Segment Start: Recorded data
-- ===== src/Task/Preservation.antt =====
-- Every move keeps the well-formedness of the kernel, and so does every sequence of moves.
use mcr.Prelude.{subst, sym}
use mcr.Task.State.{GuestKernel}
use mcr.Task.Moves.{
  Move, changes_state, edits_task, edits_process, uses_pid, forks, spawns, reaps, Moves, Moves-keep,
}
use mcr.Task.Invariant.{Inv}
use mcr.Task.Invariant.Edits.{set_state-Inv, edit_task-Inv, edit_process-Inv}
use mcr.Task.Invariant.Growth.{uses_pid-Inv, spawns-Inv}
use mcr.Task.Invariant.Fork.{forks-Inv}
use mcr.Task.Invariant.Reap.{reaps-Inv}

pub Move-Inv : (k k' : GuestKernel) → Move k k' → Inv k → Inv k'
Move-Inv k k' (changes_state tid s e) inv = subst Inv (sym e) (set_state-Inv k tid s inv)
Move-Inv k k' (edits_task tid f kept e) inv = subst Inv (sym e) (edit_task-Inv k tid f kept inv)
Move-Inv k k' (edits_process pid f kept e) inv =
    subst Inv (sym e) (edit_process-Inv k pid f kept inv)
Move-Inv k k' (uses_pid e) inv = subst Inv (sym e) (uses_pid-Inv k inv)
Move-Inv k k' (forks tid t p caller owner e) inv =
    subst Inv (sym e) (forks-Inv k tid t p inv caller owner)
Move-Inv k k' (spawns tid t new p caller owner ids pids mask e) inv =
    subst Inv (sym e) (spawns-Inv k t new tid p inv caller owner ids pids mask)
Move-Inv k k' (reaps parent_pid child_pid p c status parent listed child ended e) inv =
    subst Inv (sym e) (reaps-Inv k parent_pid child_pid p c status inv parent listed)

pub Moves-Inv : {k k' : GuestKernel} → Moves k k' → Inv k → Inv k'
Moves-Inv = Moves-keep Inv Move-Inv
Segment End: Recorded data
#### [Instructions for the task]
Among the entries above, the lines between the ones containing "Move-Inv k k' (spawns" and "Move-Inv k k' (reaps", inclusive, are to be transcribed exactly. No other line is to be given.

#### [Written answer]
Move-Inv k k' (spawns tid t new p caller owner ids pids mask e) inv =
    subst Inv (sym e) (spawns-Inv k t new tid p inv caller owner ids pids mask)
Move-Inv k k' (reaps parent_pid child_pid p c status parent listed child ended e) inv =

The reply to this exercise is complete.